DATA FOR THE TASK:
►
-- ===== src/Base/Items.antt =====
-- The items of a list, and what the loops over lists say of them.
use mathlib.Core.Path.{◌≡◌, refl}
use mathlib.Core.Logic.{◌⊎◌, inl, inr}
use mathlib.Core.Bool.{Bool, true}
use mathlib.Core.Option.{none, some}
use mathlib.Core.List.{List, [], ◌∷◌, ◌++◌, map}
use native.Mathlib.Omega.{arith}
use authz.Base.Tests.{Eq, ◌==◌, Bool-cases}
use authz.Base.Dicts.{Dict, lookup, insert, values}
use authz.Base.Sets.{keep, first, gather, contains, contains-append}

module _ {A : Type 0} where
  -- `x` is an item of the list.
  abbrev pub Elem : A → List A → Type 0
  Elem x [] = ⊥
  Elem x (y ∷ ys) = (x ≡ y) ⊎ Elem x ys

  pub Elem-keep :
      (p : A → Bool) (xs : List A) (a : A) → Elem a (keep p xs) → Elem a xs × (p a ≡ true)
  unfolding keep
  Elem-keep p (x ∷ xs) a h = elim (Bool-cases (p x)) [
    | inl e ↦ elim (rw (e, keep) at h) [
      | inl same ↦ (inl same, rw same e)
      | inr later ↦ let (found, holds) = Elem-keep p xs a later in (inr found, holds)
    ]
    | inr e ↦ let (found, holds) = Elem-keep p xs a (rw (e, keep) at h) in (inr found, holds)
  ]
  Elem-keep p [] a h = absurd h

  pub first-Elem :
      (p : A → Bool) (xs : List A) (a : A) → first p xs ≡ some a → Elem a xs × (p a ≡ true)
  unfolding first
  first-Elem p [] a h = absurd (cc)
  first-Elem p (x ∷ xs) a h = elim (Bool-cases (p x)) [
    | inl e ↦ (inl (ground arith), ground arith)
    | inr e ↦ let (found, holds) = first-Elem p xs a (ground arith) in (inr found, holds)
  ]

  pub first_found :
      (p : A → Bool) (xs : List A) (a : A)
      → Elem a xs
      → p a ≡ true
      → (b : A) × (first p xs ≡ some b)
  unfolding first
  first_found p [] a h e = absurd h
  first_found p (x ∷ xs) a h e = elim (Bool-cases (p x)) [
    | inl f ↦ (x, rw f)
    | inr f ↦ elim h [
      | inl same ↦ absurd (ground arith)
      | inr later ↦ let (b, g) = first_found p xs a later e in (b, rw f g)
    ]
  ]

module _ {A B : Type 0} ⦃e : Eq B⦄ where
  pub gather-Elem :
      (f : A → List B) (xs : List A) (b : B)
      → contains b (gather f xs) ≡ true
      → (a : A) × Elem a xs × (contains b (f a) ≡ true)
  unfolding gather contains
  gather-Elem f [] b h = absurd (cc)
  gather-Elem f (x ∷ xs) b h = elim (Bool-cases (contains b (f x))) [
    | inl here ↦ (x, inl refl, here)
    | inr not_here ↦
        let (a, found, holds) =
          gather-Elem f xs b (ground (arith, contains-append b (f x) (gather f xs))) in
        (a, inr found, holds)
  ]

  pub contains-map-Elem :
      (f : A → B) (xs : List A) (b : B)
      → contains b (map f xs) ≡ true
      → (a : A) × Elem a xs × (b ≡ f a)
  unfolding contains
  contains-map-Elem f [] b h = absurd (cc)
  contains-map-Elem f (x ∷ xs) b h = elim (Bool-cases (b == f x)) [
    | inl here ↦ (x, inl refl, (e.beq_iff b (f x)).0 here)
    | inr not_here ↦
        let (a, found, same) = contains-map-Elem f xs b (ground arith) in (a, inr found, same)
  ]

module _ {K V : Type 0} ⦃e : Eq K⦄ where
  -- A write adds the value that it writes, and no other.
  pub values-insert-Elem :
      (k : K) (v : V) (d : Dict K V) (w : V)
      → Elem w (values (insert k v d))
      → (w ≡ v) ⊎ Elem w (values d)
  unfolding values insert
  values-insert-Elem k v [] w (inl same) = inl same
  values-insert-Elem k v [] w (inr none_there) = elim none_there [ ]
  values-insert-Elem k v ((j, u) ∷ d) w m = elim (Bool-cases (j == k)) [
    | inl here ↦ elim (rw (here, insert) at m) [ inl same ↦ inl same | inr later ↦ inr (inr later) ]
    | inr other ↦ elim (rw (other, insert) at m) [
      | inl same ↦ inr (inl same)
      | inr later ↦ elim (values-insert-Elem k v d w later) [
        | inl same ↦ inl same
        | inr old ↦ inr (inr old)
      ]
    ]
  ]

  -- A write under a new key keeps the other values.
  pub values-insert_new :
      (k : K) (v : V) (d : Dict K V)
      → lookup k d ≡ none
      → values (insert k v d) ≡ values d ++ v ∷ []
  unfolding values insert lookup
  values-insert_new k v [] h = refl
  values-insert_new k v ((j, u) ∷ d) h = ground (arith, values-insert_new k v d)

module _ {A : Type 0} where
  pub Elem-append_left : (a : A) (xs ys : List A) → Elem a xs → Elem a (xs ++ ys)
  Elem-append_left a [] ys m = absurd m
  Elem-append_left a (x ∷ xs) ys (inl same) = inl same
  Elem-append_left a (x ∷ xs) ys (inr later) = inr (Elem-append_left a xs ys later)

  pub first-append_none :
      (p : A → Bool) (xs ys : List A) → first p xs ≡ none → first p (xs ++ ys) ≡ first p ys
  unfolding first
  first-append_none p [] ys h = refl
  first-append_none p (x ∷ xs) ys h = ground (arith, first-append_none p xs ys)

module _ {A : Type 0} ⦃e : Eq A⦄ where
  pub contains_of_Elem : (a : A) (xs : List A) → Elem a xs → contains a xs ≡ true
  unfolding contains
  contains_of_Elem a [] m = absurd m
  contains_of_Elem a (x ∷ xs) (inl same) = rw ((e.beq_iff a x).1 same)
  contains_of_Elem a (x ∷ xs) (inr later) = ground (arith, contains_of_Elem a xs later)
◄
TASK GOAL:
Once more, write out all the data exactly.

RESULT FOR THIS EXERCISE:
-- ===== src/Base/Items.antt =====
-- The items of a list, and what the loops over lists say of them.
use mathlib.Core.Path.{◌≡◌, refl}
use mathlib.Core.Logic.{◌⊎◌, inl, inr}
use mathlib.Core.Bool.{Bool, true}
use mathlib.Core.Option.{none, some}
use mathlib.Core.List.{List, [], ◌∷◌, ◌++◌, map}
use native.Mathlib.Omega.{arith}
use authz.Base.Tests.{Eq, ◌==◌, Bool-cases}
use authz.Base.Dicts.{Dict, lookup, insert, values}
use authz.Base.Sets.{keep, first, gather, contains, contains-append}

module _ {A : Type 0} where
  -- `x` is an item of the list.
  abbrev pub Elem : A → List A → Type 0
  Elem x [] = ⊥
  Elem x (y ∷ ys) = (x ≡ y) ⊎ Elem x ys

  pub Elem-keep :
      (p : A → Bool) (xs : List A) (a : A) → Elem a (keep p xs) → Elem a xs × (p a ≡ true)
  unfolding keep
  Elem-keep p (x ∷ xs) a h = elim (Bool-cases (p x)) [
    | inl e ↦ elim (rw (e, keep) at h) [
      | inl same ↦ (inl same, rw same e)
      | inr later ↦ let (found, holds) = Elem-keep p xs a later in (inr found, holds)
    ]
    | inr e ↦ let (found, holds) = Elem-keep p xs a (rw (e, keep) at h) in (inr found, holds)
  ]
  Elem-keep p [] a h = absurd h

  pub first-Elem :
      (p : A → Bool) (xs : List A) (a : A) → first p xs ≡ some a → Elem a xs × (p a ≡ true)
  unfolding first
  first-Elem p [] a h = absurd (cc)
  first-Elem p (x ∷ xs) a h = elim (Bool-cases (p x)) [
    | inl e ↦ (inl (ground arith), ground arith)
    | inr e ↦ let (found, holds) = first-Elem p xs a (ground arith) in (inr found, holds)
  ]

  pub first_found :
      (p : A → Bool) (xs : List A) (a : A)
      → Elem a xs
      → p a ≡ true
      → (b : A) × (first p xs ≡ some b)
  unfolding first
  first_found p [] a h e = absurd h
  first_found p (x ∷ xs) a h e = elim (Bool-cases (p x)) [
    | inl f ↦ (x, rw f)
    | inr f ↦ elim h [
      | inl same ↦ absurd (ground arith)
      | inr later ↦ let (b, g) = first_found p xs a later e in (b, rw f g)
    ]
  ]

module _ {A B : Type 0} ⦃e : Eq B⦄ where
  pub gather-Elem :
      (f : A → List B) (xs : List A) (b : B)
      → contains b (gather f xs) ≡ true
      → (a : A) × Elem a xs × (contains b (f a) ≡ true)
  unfolding gather contains
  gather-Elem f [] b h = absurd (cc)
  gather-Elem f (x ∷ xs) b h = elim (Bool-cases (contains b (f x))) [
    | inl here ↦ (x, inl refl, here)
    | inr not_here ↦
        let (a, found, holds) =
          gather-Elem f xs b (ground (arith, contains-append b (f x) (gather f xs))) in
        (a, inr found, holds)
  ]

  pub contains-map-Elem :
      (f : A → B) (xs : List A) (b : B)
      → contains b (map f xs) ≡ true
      → (a : A) × Elem a xs × (b ≡ f a)
  unfolding contains
  contains-map-Elem f [] b h = absurd (cc)
  contains-map-Elem f (x ∷ xs) b h = elim (Bool-cases (b == f x)) [
    | inl here ↦ (x, inl refl, (e.beq_iff b (f x)).0 here)
    | inr not_here ↦
        let (a, found, same) = contains-map-Elem f xs b (ground arith) in (a, inr found, same)
  ]

module _ {K V : Type 0} ⦃e : Eq K⦄ where
  -- A write adds the value that it writes, and no other.
  pub values-insert-Elem :
      (k : K) (v : V) (d : Dict K V) (w : V)
      → Elem w (values (insert k v d))
      → (w ≡ v) ⊎ Elem w (values d)
  unfolding values insert
  values-insert-Elem k v [] w (inl same) = inl same
  values-insert-Elem k v [] w (inr none_there) = elim none_there [ ]
  values-insert-Elem k v ((j, u) ∷ d) w m = elim (Bool-cases (j == k)) [
    | inl here ↦ elim (rw (here, insert) at m) [ inl same ↦ inl same | inr later ↦ inr (inr later) ]
    | inr other ↦ elim (rw (other, insert) at m) [
      | inl same ↦ inr (inl same)
      | inr later ↦ elim (values-insert-Elem k v d w later) [
        | inl same ↦ inl same
        | inr old ↦ inr (inr old)
      ]
    ]
  ]

  -- A write under a new key keeps the other values.
  pub values-insert_new :
      (k : K) (v : V) (d : Dict K V)
      → lookup k d ≡ none
      → values (insert k v d) ≡ values d ++ v ∷ []
  unfolding values insert lookup
  values-insert_new k v [] h = refl
  values-insert_new k v ((j, u) ∷ d) h = ground (arith, values-insert_new k v d)

module _ {A : Type 0} where
  pub Elem-append_left : (a : A) (xs ys : List A) → Elem a xs → Elem a (xs ++ ys)
  Elem-append_left a [] ys m = absurd m
  Elem-append_left a (x ∷ xs) ys (inl same) = inl same
  Elem-append_left a (x ∷ xs) ys (inr later) = inr (Elem-append_left a xs ys later)

  pub first-append_none :
      (p : A → Bool) (xs ys : List A) → first p xs ≡ none → first p (xs ++ ys) ≡ first p ys
  unfolding first
  first-append_none p [] ys h = refl
  first-append_none p (x ∷ xs) ys h = ground (arith, first-append_none p xs ys)

module _ {A : Type 0} ⦃e : Eq A⦄ where
  pub contains_of_Elem : (a : A) (xs : List A) → Elem a xs → contains a xs ≡ true
  unfolding contains
  contains_of_Elem a [] m = absurd m
  contains_of_Elem a (x ∷ xs) (inl same) = rw ((e.beq_iff a x).1 same)
  contains_of_Elem a (x ∷ xs) (inr later) = ground (arith, contains_of_Elem a xs later)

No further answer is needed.